Here are a few helpful suggestions that may help with Post Settlement Syndrome:

  • If you receive a lump-sum settlement offer, think it through. Read the letter carefully and determine if it makes sense.
  • Draw a line in the middle of a sheet of paper. On the right side write in all of your living expenses including prescriptions, rent/mortgage payments, doctor’s bills etc., and on the left side all sources of income if you were to take the settlement. If you have a spouse who is still working, include his/her income along with any other sources of income from rents, interest or dividend income. Determine if there is a surplus or deficit.
  • Explore investment opportunities with either a financial advisor or CPA before accepting the settlement. How will you invest the settlement money to provide interest or dividend income in the future?
  • Talk to your CPA about any tax consequences. This is a real cost and reduces the amount of actual cash available in the future.
  • Discuss the option of settlement with your spouse or partner and agree on any changes in lifestyle, or downsizing that may be necessary. The important thing is to make decisions everyone in the household can agree to and live with.
  • Think about any emotional conflicts or ongoing issues with your insurer that may be pushing you to accept a settlement when financially it may not be the right thing to do. Have clear expectations as to why you are moving in the direction of settlement.
  • Ask yourself if you have the skills and personality to manage money well. Lump-sum settlement won’t do you much good if you spend it all in 6 months.
  • Make settlement decisions based on the probability of future financial security balanced with any emotional goals to be free from insurance scrutiny.
  • If you do not understand any aspect of the settlement offer, obtain help and assistance from those who know.
  • Decide for yourself and your family whether a decision to accept a lump-sum settlement offer is right for you.

There is life after an insurance settlement, but sometimes you have to do the work to feel comfortable with your decisions.

Knowing why you’re feeling so depressed after an insurance settlement is the first step toward achieving your own family goals for the future. The good thing is that Post Settlement Syndrome does end and most people do not regret their decisions to settle.

Carrot & Stick Awards

Carrot and StickNot surprisingly, DCS, Inc. awards Mass Mutual a carrot for finally paying client benefits due for the last 8 months. With the assistance of DCS, Mass Mutual was finally persuaded its delay in investigating our client’s claim wasn’t reasonable. However, it was through this process that we discovered Mass Mutual could be following in CIGNA’s footsteps by insisting on speaking with treating physicians before paying claims. “Since when has it been a Mass Mutual internal protocol to call all treating physicians?”, we asked. The response to us was that “each claim is reviewed according to its own merits.” Good response, but Mass Mutual’s delay in paying our client wasn’t reasonable. Finally, after contacting the company on a daily basis, our client received all back benefits due.
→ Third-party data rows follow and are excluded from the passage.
-- ===== src/Parser/HeaderLines/Pieces.antt =====
-- webcc/parser.cc: the headers may arrive in pieces.
use mathlib.Core.Path.{subst}
use devops_workshop.Parser.State.{Parser, Env, Outcome, ok, reject, throws, spent, ◌>>=◌}
use devops_workshop.Parser.HeaderLines.{take_line, round, headers_loop}
use devops_workshop.Parser.HeaderLines.Frame.{push, shift, take_line-Keeps, take_line-shift}
use devops_workshop.Parser.HeaderLines.Progress.{rest_shrinks, headers_loop-fuel}
use devops_workshop.Prelude.{
  ℕ, zero, suc, ◌+◌, ◌<◌, ◌≡◌, refl, sym, ap, ◌∙◌, true, false, Option, none, some, [], ◌∷◌, ◌++◌,
  arith, if◌then◌else◌, length, length-append,
}
use devops_workshop.Bytes.{Text, next_line, next_line-append}

state_or : Parser → Outcome → Parser
state_or d (ok p) = p
state_or d o = d

pub ok-injective : (p q : Parser) → ok p ≡ ok q → p ≡ q
unfolding state_or
ok-injective p q e = ap (state_or p) e

module _ (env : Env) (more : Text) where
  -- What the loop does with more data behind, once it has read all complete lines of the first part.
  abbrev pub resume : ℕ → Parser → Outcome
  resume g q = if q.header_ended then ok (push more q) else headers_loop env g (push more q)

  pub resume_open :
      (k : ℕ) (q : Parser) → q.header_ended ≡ false → resume k q ≡ headers_loop env k (push more q)
  resume_open k q u = ap (λ b. if b then ok (push more q) else headers_loop env k (push more q)) u

  pub resume_ended : (k : ℕ) (q : Parser) → q.header_ended ≡ true → resume k q ≡ ok (push more q)
  resume_ended k q u = ap (λ b. if b then ok (push more q) else headers_loop env k (push more q)) u

  kept_ended :
      (line : Text) (p q : Parser) → take_line env line p ≡ ok q → q.header_ended ≡ p.header_ended
  kept_ended line p q e = (rw e at (take_line-Keeps env line p)).1

  -- The round on the longer data reads the same line.
  pushed_round :
      (g : ℕ) (p : Parser) {l s : Text}
      → next_line p.pending ≡ some (l, s)
      → headers_loop env (suc g) (push more p)
        ≡ round env (headers_loop env g) (some (l, s ++ more)) (push more p)
  unfolding headers_loop
  pushed_round g p n =
      ap (λ o. round env (headers_loop env g) o (push more p)) (next_line-append p.pending more n)

  push-round :
      (f g k : ℕ) (p q : Parser) (o : Option (Text × Text))
      → p.header_ended ≡ false
      → next_line p.pending ≡ o
      → round env (headers_loop env f) o p ≡ ok q
      → length p.pending + length more < suc g
      → length q.pending + length more < k
      → ((m : Parser)
          → m.header_ended ≡ false
          → headers_loop env f m ≡ ok q
          → length m.pending < length p.pending
          → headers_loop env g (push more m) ≡ resume k q)
      → headers_loop env (suc g) (push more p) ≡ resume k q
  push-round f g k p q none u n e h h' ih =
      let same = ok-injective p q e in
      let longer = length-append p.pending more in
      let fits = ap (λ (x : Parser). length x.pending) same in
      headers_loop-fuel env (suc g) k (push more p) (omega arith) (omega arith)
      ∙ subst (λ x. headers_loop env k (push more p) ≡ resume k x) same (sym (resume_open k p u))
  push-round f g k p q (some ([], s)) u n e h h' ih =
      pushed_round g p n
      ∙ sym (resume_ended k (record p { pending = s; header_ended = true }) refl)
      ∙ ap (resume k) (ok-injective (record p { pending = s; header_ended = true }) q e)
  push-round f g k p q (some (c ∷ l, s)) u n e h h' ih =
      pushed_round g p n
      ∙ ap (λ o. o >>= headers_loop env g)
          (take_line-shift env more (c ∷ l) (record p { pending = s }))
      ∙ push_line (c ∷ l) (take_line env (c ∷ l) (record p { pending = s })) refl e
    where
      push_line :
          (line : Text) (o : Outcome)
          → take_line env (c ∷ l) (record p { pending = s }) ≡ o
          → (o >>= headers_loop env f) ≡ ok q
          → (shift more o >>= headers_loop env g) ≡ resume k q
      push_line line (ok m) t r =
          ih m (kept_ended (c ∷ l) (record p { pending = s }) m t ∙ u) r
            (rest_shrinks env p m c l s n t)
      push_line line (reject m) t r = absurd (cc)
      push_line line throws t r = absurd (cc)
      push_line line spent t r = absurd (cc)

  pub headers_loop-push :
      (f g k : ℕ) (p q : Parser)
      → p.header_ended ≡ false
      → headers_loop env f p ≡ ok q
      → length p.pending + length more < g
      → length q.pending + length more < k
      → headers_loop env g (push more p) ≡ resume k q
  unfolding headers_loop
  headers_loop-push zero g k p q u e h h' = cc
  headers_loop-push (suc f) zero k p q u e h h' = absurd (omega arith)
  headers_loop-push (suc f) (suc g) k p q u e h h' =
      push-round f g k p q (next_line p.pending) u refl e h h'
        (λ m v d less. headers_loop-push f g k m q v d (omega arith) h')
A stick is given to Unum’s CEO Tom Watjen who appeared on CNBC and described Unum as helping employees because federal programs are insufficient. It has never been our experience that Unum helps anyone. Perhaps CEO Watjen needs to come out of the rock he’s been managing from and take a closer look at his claims and medical departments that deny claims unfairly for profit. Unum continues to be in violation of the multi-state settlement and remains an “unlawful organization.”

Although Unum’s stock price appears to be increasing, buying back 500 million in Treasury Stock artificially raised the market price. Any incremental increase in stock may not have been attributable to real growth particularly when Unum UK lost money. In fact, the Brits are still looking to rid their welfare system of Unum’s influence and in 2013 took to the streets in social protest. In my opinion “Mad Money” didn’t do their investigative homework before asking CEO Watjen to appear on the show.